The construction of high-level protein expression vectors using the CaMV 35S promoter in concert with highly efficient translation initiation signals for Agrobacterium tumefaciens is a relatively less explored field compared to that of Escherichia coli. In the current study, we experimentally investigated the capacity of the CaMV 35S promoter to direct GFP gene expression in A. tumefaciens in the context of different viral and chloroplastic translation initiation signals. GFP expression and concomitant translational efficiency was monitored by confocal microscopy and Western blot analysis. Among all of the constructs, the highest level of translation was observed for the construct containing the phage T7 translation initiation region followed by the chloroplastic Rubisco Large Subunit (rbcL) 58-nucleotide 5' leader region including its SD-like sequence (GGGAGGG). Replacing the SD-like (GGGAGGG) with non SD-like (TTTATTT) or replacing the remaining 52 nucleotides of rbcL with nonspecific sequence completely abolished translation. In addition, this 58 nucleotide region of rbcL serves as a translational enhancer in plants when located within the 5' UTR of mRNA corresponding to GFP. Other constructs, including those containing sequences upstream of the coat proteins of Alfalfa Mosaic Virus, or the GAGG sequence of T4 phage or the chloroplastic atpI and/or PsbA 5' UTR sequence, supported low levels of GFP expression or none at all. From these studies, we propose that we have created high expression vectors in A. tumefaciens and/or plants which contain the CaMV 35S promoter, followed by the translationally strong T7 SD plus RBS translation initiation region or the rbcL 58-nucleotide 5' leader region upstream of the gene of interest.

Recent patents involving virus nucleotide sequences; host defense, RNA silencing and expression vector strategies.

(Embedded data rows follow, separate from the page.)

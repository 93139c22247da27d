-- ===== src/Queue/Watchdog.antt =====
-- hermes_agent_a2a/server.py: the watchdog's shortcut by the recorded oldest time, and what a round
-- does for the waiting callers.
use hermes_agent_a2a.Prelude.{
  is_some, ◌⊎◌, ℕ, ◌-◌, ◌*◌, ◌<◌, ◌≤◌, String, ◌≡◌, refl, sym, ◌∙◌, ap, true, false, none, some,
  List, [], ◌∷◌, arith, eqb, Option-cases, Bool-cases, inl, inr,
}
use mathlib.Core.Path.{fun_ext}
use hermes_agent_a2a.Dict.{Dict, get, values}
use hermes_agent_a2a.Queue.State.{Ref, PendingTask, TaskQueue, init, update, min_created}
use hermes_agent_a2a.Queue.Ops.{
  set_auth_required, set_authenticated, transition, mark_processing, finish, complete, retire,
  cancel,
}
use hermes_agent_a2a.Queue.Reads.{find_task_by_id}
use hermes_agent_a2a.Queue.Waiters.{
  webhook_failure, wake, mark_returned, write_answer, orphan, orphan_all, orphan_scan, is_young,
  watchdog, await_response,
}
use hermes_agent_a2a.Queue.Branches.{complete_found, complete_missing, cancel_found, cancel_missing}
use hermes_agent_a2a.Queue.WellFormed.{IsWellFormed, init-IsWellFormed}
use hermes_agent_a2a.Queue.WellFormed.Enqueue.{enqueue-cases}
use hermes_agent_a2a.Queue.Oldest.{
  IsOldest, retimed-IsOldest, created_at-update, admit-IsOldest, popped-IsOldest,
}
use hermes_agent_a2a.Queue.Steps.{
  Step, Reach, Reach-IsWellFormed, require_auth, authenticate, move, arrive, requeue, start,
  respond, withdraw, lose, await, give_up, overwrite, watch, here, next,
}

complete-IsOldest :
    (k response : String) {q : TaskQueue}
    → IsWellFormed q
    → IsOldest q
    → IsOldest (complete k response q)
unfolding finish
complete-IsOldest k response {q} w h = elim (Option-cases (get k q.pending)) [
  | inl gone ↦ rw (complete_missing k response q gone) h
  | inr (r, there) ↦
      rw (complete_found k response r q there) (popped-IsOldest k r _ w there (ground arith) h)
]

cancel-IsOldest : (k : String) {q : TaskQueue} → IsWellFormed q → IsOldest q → IsOldest (cancel k q)
unfolding retire
cancel-IsOldest k {q} w h = elim (Option-cases (get k q.pending)) [
  | inl gone ↦ rw (cancel_missing k q gone) h
  | inr (r, there) ↦ rw (cancel_found k r q there) (popped-IsOldest k r _ w there refl h)
]

webhook_failure-IsOldest :
    (k : String) {q : TaskQueue} → IsWellFormed q → IsOldest q → IsOldest (webhook_failure k q)
webhook_failure-IsOldest k {q} w h = elim (Option-cases (find_task_by_id k q)) [
  | inl lost ↦ unfold webhook_failure in rw (lost, webhook_failure) h
  | inr (r, found) ↦
      unfold webhook_failure in
      rw (found, webhook_failure) (retimed-IsOldest _ (λ s. ground arith) w h)
]

wake-IsOldest : (r : Ref) {q : TaskQueue} → IsWellFormed q → IsOldest q → IsOldest (wake r q).0
wake-IsOldest r {q} w h = elim (Option-cases (q.objects r).response) [
  | inl silent ↦ unfold wake in rw (silent, wake) (retimed-IsOldest _ (λ s. ground arith) w h)
  | inr (s, answered) ↦ unfold wake in rw (answered, wake) h
]

mark_returned-IsOldest :
    (r : Ref) {q : TaskQueue} → IsWellFormed q → IsOldest q → IsOldest (mark_returned r q)
unfolding mark_returned
mark_returned-IsOldest r w h = retimed-IsOldest _ (λ s. ground arith) w h

write_answer-IsOldest :
    (r : Ref) (text : String) {q : TaskQueue}
    → IsWellFormed q
    → IsOldest q
    → IsOldest (write_answer r text q)
unfolding write_answer
write_answer-IsOldest r text w h = retimed-IsOldest _ (λ s. ground arith) w h

created_at-orphan : (cutoff : ℕ) (t : PendingTask) → (orphan cutoff t).created_at ≡ t.created_at
created_at-orphan cutoff t = ground arith

created_at-orphan_all :
    (cutoff : ℕ) (rs : List Ref) (objects : Ref → PendingTask) (s : Ref)
    → (orphan_all cutoff rs objects s).created_at ≡ (objects s).created_at
unfolding orphan_all
created_at-orphan_all cutoff [] objects s = refl
created_at-orphan_all cutoff (r ∷ rs) objects s =
    created_at-orphan_all cutoff rs (update objects r (orphan cutoff (objects r))) s
    ∙ created_at-update objects r s _ (created_at-orphan cutoff (objects r))

watchdog-IsOldest :
    (timeout now : ℕ) {q : TaskQueue}
    → IsWellFormed q
    → IsOldest q
    → IsOldest (watchdog timeout now q)
unfolding watchdog orphan_scan
watchdog-IsOldest timeout now {q} w h =
    elim (Bool-cases (is_young (now - 2 * timeout) q.oldest_pending_time)) [
      | inl young ↦ rw young h
      | inr old ↦ rw old (
          retimed-IsOldest _
            (created_at-orphan_all (now - 2 * timeout) (values q.pending) q.objects) w h)
    ]

Step-IsOldest : {q q' : TaskQueue} → Step false q q' → IsWellFormed q → IsOldest q → IsOldest q'
unfolding set_auth_required set_authenticated transition mark_processing
Step-IsOldest (require_auth k) w h = h
Step-IsOldest (authenticate k) w h = h
Step-IsOldest (move k s) w h = ground arith
Step-IsOldest (arrive {q} now k text m c) w h = elim (enqueue-cases now k text m c q) [
  | inl (room, new, e) ↦ rw e (admit-IsOldest now k text m c w new h)
  | inr e ↦ rw e h
]
Step-IsOldest (requeue tasks never _) w h = cc
Step-IsOldest (start k) w h = ground arith
Step-IsOldest (respond k response) w h = complete-IsOldest k response w h
Step-IsOldest (withdraw k) w h = cancel-IsOldest k w h
Step-IsOldest (lose k) w h = webhook_failure-IsOldest k w h
Step-IsOldest (await r) w h = wake-IsOldest r w h
Step-IsOldest (give_up r) w h = mark_returned-IsOldest r w h
Step-IsOldest (overwrite r text) w h = write_answer-IsOldest r text w h
Step-IsOldest (watch timeout now) w h = watchdog-IsOldest timeout now w h

Reach-IsOldest : {q : TaskQueue} → Reach false init q → IsOldest q
unfolding init min_created
Reach-IsOldest here = refl
Reach-IsOldest (next r st) =
    Step-IsOldest st (Reach-IsWellFormed init-IsWellFormed r) (Reach-IsOldest r)

-- Every entry is as young as the cutoff asks.
abbrev AllYoung : ℕ → (Ref → PendingTask) → Dict Ref → Type 0
AllYoung cutoff f [] = Unit {0}
AllYoung cutoff f ((k, r) ∷ d) = (cutoff ≤ (f r).created_at) × AllYoung cutoff f d

none_young :
    (cutoff : ℕ) (f : Ref → PendingTask) (d : Dict Ref)
    → min_created f d ≡ none
    → AllYoung cutoff f d
unfolding min_created
none_young cutoff f [] h = tt
none_young cutoff f ((k, r) ∷ d) h = absurd (ground arith)

young_of_min :
    (cutoff : ℕ) (f : Ref → PendingTask) (d : Dict Ref)
    → is_young cutoff (min_created f d) ≡ true
    → AllYoung cutoff f d
unfolding min_created
young_of_min cutoff f [] h = tt
young_of_min cutoff f ((k, r) ∷ d) h = elim (Option-cases (min_created f d)) [
  | inl e ↦ (ground (arith, e), none_young cutoff f d e)
  | inr (t, e) ↦ (ground (arith, e), young_of_min cutoff f d (ground (arith, e)))
]

orphan_all_young :
    (cutoff : ℕ) (f : Ref → PendingTask) (d : Dict Ref) (s : Ref)
    → AllYoung cutoff f d
    → orphan_all cutoff (values d) f s ≡ f s
unfolding orphan_all values
orphan_all_young cutoff f [] s h = refl
orphan_all_young cutoff f ((k, r) ∷ d) s h =
    let e : update f r (orphan cutoff (f r)) ≡ f = fun_ext (λ x. ground (arith, h.0)) in
    ap (λ (g : Ref → PendingTask). orphan_all cutoff (values d) g s) e
    ∙ orphan_all_young cutoff f d s h.1

orphan_twice : (cutoff : ℕ) (t : PendingTask) → orphan cutoff (orphan cutoff t) ≡ orphan cutoff t
orphan_twice cutoff t = ground arith

-- The scan writes to an object at most what one visit writes to it.
orphan_all-cases :
    (cutoff : ℕ) (rs : List Ref) (f : Ref → PendingTask) (s : Ref)
    → (orphan_all cutoff rs f s ≡ f s) ⊎ (orphan_all cutoff rs f s ≡ orphan cutoff (f s))
unfolding orphan_all
orphan_all-cases cutoff [] f s = inl refl
orphan_all-cases cutoff (r ∷ rs) f s =
    let g : Ref → PendingTask = update f r (orphan cutoff (f r)) in
    elim (Bool-cases (eqb r s)) [
      | inl same ↦ ground (arith, same, orphan_all-cases cutoff rs g s, orphan_twice cutoff (f s))
      | inr other ↦ ground (arith, other, orphan_all-cases cutoff rs g s)
    ]

orphan_all_pending :
    (cutoff : ℕ) (d : Dict Ref) (f : Ref → PendingTask) (k : String) (r : Ref)
    → get k d ≡ some r
    → orphan_all cutoff (values d) f r ≡ orphan cutoff (f r)
unfolding orphan_all values get
orphan_all_pending cutoff [] f k r h = cc
orphan_all_pending cutoff ((j, s) ∷ d) f k r h =
    let g : Ref → PendingTask = update f s (orphan cutoff (f s)) in
    elim (Bool-cases (eqb s r)) [
      | inl same ↦
          ground (arith, same, orphan_all-cases cutoff (values d) g r, orphan_twice cutoff (f r))
      | inr other ↦
          ground (arith, other, orphan_all_pending cutoff d g k r (ground (arith, other, h)))
    ]

-- As long as no thread calls `requeue_tasks`, the watchdog's round does to every task object what a
-- scan without the shortcut by the oldest time does.
pub watchdog_shortcut :
    (timeout now : ℕ) (q : TaskQueue) (s : Ref)
    → Reach false init q
    → (watchdog timeout now q).objects s ≡ (orphan_scan (now - 2 * timeout) q).objects s
unfolding watchdog orphan_scan
watchdog_shortcut timeout now q s reached =
    let cutoff = now - 2 * timeout in
    elim (Bool-cases (is_young cutoff q.oldest_pending_time)) [
      | inl young ↦
          let all : AllYoung cutoff q.objects q.pending =
            young_of_min cutoff q.objects q.pending
              (ap (is_young cutoff) (sym (Reach-IsOldest reached)) ∙ young) in
          rw young (sym (orphan_all_young cutoff q.objects q.pending s all))
      | inr old ↦ rw old refl
    ]

-- As long as no thread calls `requeue_tasks`, a round of the watchdog answers a pending task that is
-- older than twice the timeout and has no response: its event is set, and a wait on it is over at once,
-- without a timeout, with the orphan's response. The same round leaves alone any object that is younger
-- than that or has a response.
pub watchdog_releases :
    (timeout now : ℕ) (q : TaskQueue) (k : String) (r s : Ref)
    → Reach false init q
    → get k q.pending ≡ some r
    → (q.objects r).created_at < now - 2 * timeout
    → (q.objects r).response ≡ none
    → (now - 2 * timeout ≤ (q.objects s).created_at) ⊎ (is_some (q.objects s).response ≡ true)
    → ((watchdog timeout now q).objects r).ready ≡ true
      × (await_response false r (watchdog timeout now q)
          ≡ some (watchdog timeout now q, some "(orphaned — no response)"))
      × ((watchdog timeout now q).objects s ≡ q.objects s)
unfolding await_response orphan_scan
watchdog_releases timeout now q k r s reached there old silent kept =
    let cutoff = now - 2 * timeout in
    let seen : (watchdog timeout now q).objects r ≡ orphan cutoff (q.objects r) =
      watchdog_shortcut timeout now q r reached
      ∙ orphan_all_pending cutoff q.pending q.objects k r there in
    let spared : orphan cutoff (q.objects s) ≡ q.objects s = ground (arith, kept) in
    (
      ground (arith, seen, old, silent),
      ground (arith, seen, old, silent),
      watchdog_shortcut timeout now q s reached
          ∙ ground (arith, spared, orphan_all-cases cutoff (values q.pending) q.objects s),
    )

Improved knowledge of the molecular biology of viruses, including recent gains in virus sequence data analysis, has greatly contributed to recent innovations in medical diagnostics, therapeutics, drug development and other related areas. Virus sequences have been used for the development of vaccines and antiviral agents to block the spread of viral infections, as well as to target and battle chronic diseases such as cancer. Virus sequences are now routinely employed in a wide array of RNA silencing technologies. Viruses can also be engineered into expression vectors which in turn can be used as protein production platforms as well as delivery vehicles for gene therapies. This review article outlines a number of patents that have been recently issued with respect to virus sequence data and describes some of their biotechnological applications.